* Exercise data *
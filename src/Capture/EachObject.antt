-- ===== src/Capture/EachObject.antt =====
-- capture.c: `each_object` as a whole, with the garbage collector's switch and a block that may do
-- anything.
use memory_profiler.Base.{
  ℕ, zero, suc, ◌+◌, Bool, true, false, not, Option, none, some, ◌==◌, if◌then◌else◌, ltb, get_or,
}
use memory_profiler.Ruby.{Ruby, StTable}
use memory_profiler.Queue.{Realloc}
use memory_profiler.Events.{Event, Events, Attempt, process_all}
use memory_profiler.Table.Layout.{Entry, is_occupied, zeroed}
use memory_profiler.Capture.State.{World, Surroundings}
use memory_profiler.Capture.Process.{handle}
use memory_profiler.Capture.Each.{allocations_of, selects}

module _ ⦃rb : Ruby⦄ (st : StTable) (realloc : Realloc Event) (env : Surroundings st)
    (S : Type 0) where
  -- Whether the garbage collector is enabled, the queue, the captures, and the rest of the process. The
  -- callbacks that the queue runs leave the collector's switch alone.
  pub record Process : Type 0 where
    pub gc_enabled : Bool
    pub events : Events
    pub world : World st
    pub rest : S

  -- A call of the block: the process after it, and whether it leaves by an exception or a `break`.
  abbrev pub Block : Type 0
  Block = ℕ → ℕ → Process → Process × Bool

  -- How `each_object` ends: it returns, the block leaves it, `process_all` raises, it follows NULL, or
  -- the rounds are used up.
  pub data Iterated : Type 0 where
    iterated : Process → Iterated
    left_by : Process → Iterated
    recursive : Process → Iterated
    crashed : Iterated
    exhausted : Iterated

  module _ (block : Block) (self : ℕ) where
    -- One entry: it is skipped, or the block is called with it.
    unfoldable pub visit : ℕ → Process → Entry → Process × Bool
    visit filter p entry =
        let tracked = (p.world.captures self).tracked in
        if not (is_occupied entry.object)
        then (p, false)
        else if not (selects st tracked filter entry)
        then (p, false)
        else block entry.object (allocations_of st tracked entry.klass) p

    -- The loop of `each_object_body`, with the number of rounds that are left. Table and capacity are
    -- read again in each round.
    unfoldable pub each_loop : ℕ → ℕ → ℕ → Process → Iterated
    each_loop zero filter i p = exhausted
    each_loop (suc rounds) filter i p = elim (p.world.captures self).states [
      | none ↦ crashed
      | some t ↦
          if not (ltb i t.capacity)
          then iterated p
          else let (p', left) = visit filter p (get_or t.entries i zeroed) in
            elim left [ true ↦ left_by p' | false ↦ each_loop rounds filter (i + 1) p' ]
    ]

    -- `each_object_body`; without a table there is nothing to iterate.
    unfoldable pub each_object_body : ℕ → ℕ → Process → Iterated
    unfolding each_loop visit
    each_object_body rounds filter p = elim (p.world.captures self).states [
      | none ↦ iterated p
      | some t ↦ each_loop rounds filter 0 p
    ]

    -- `each_object_ensure`, which `ensured` runs when the body returns and when it is left.
    unfoldable pub each_object_ensure : Bool → Process → Process
    each_object_ensure gc_was_enabled p =
        if gc_was_enabled then record p { gc_enabled = true } else p

    unfoldable pub ensured : Bool → Iterated → Iterated
    ensured gc_was_enabled (iterated p) = iterated (each_object_ensure gc_was_enabled p)
    ensured gc_was_enabled (left_by p) = left_by (each_object_ensure gc_was_enabled p)
    ensured gc_was_enabled (recursive p) = recursive p
    ensured gc_was_enabled crashed = crashed
    ensured gc_was_enabled exhausted = exhausted

    unfoldable pub after_flush :
        ℕ → ℕ → Bool → Process → Attempt (Events × Option (World st)) → Iterated
    unfolding each_object_body ensured each_object_ensure
    after_flush rounds filter gc_was_enabled p Attempt.recursive_call = recursive p
    after_flush rounds filter gc_was_enabled p (Attempt.finished (events, none)) = crashed
    after_flush rounds filter gc_was_enabled p (Attempt.finished (events, some world)) =
        ensured gc_was_enabled
          (each_object_body rounds filter (record p { events = events; world = world }))

    -- The wrapper that is asked for: `nil` where no class is given, `none` where it is not tracked.
    unfoldable pub filter_of : Process → ℕ → Option ℕ
    filter_of p klass =
        if klass == rb.q_nil then some rb.q_nil else st.lookup (p.world.captures self).tracked klass

    unfoldable pub each_object : ℕ → ℕ → Process → Iterated
    unfolding after_flush filter_of
    each_object rounds klass p = elim (filter_of p klass) [
      | none ↦ iterated p
      | some filter ↦
          after_flush rounds filter p.gc_enabled (record p { gc_enabled = false })
            (process_all realloc (handle st env) p.events (some p.world))
    ]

* What the task asks *
The expected output is the run of lines from the one holding "unfolding after_flush filter_of" to the last line of the entries above, each reproduced character for character.

* Output for this exercise *
    unfolding after_flush filter_of
    each_object rounds klass p = elim (filter_of p klass) [
      | none ↦ iterated p
      | some filter ↦
          after_flush rounds filter p.gc_enabled (record p { gc_enabled = false })
            (process_all realloc (handle st env) p.events (some p.world))
    ]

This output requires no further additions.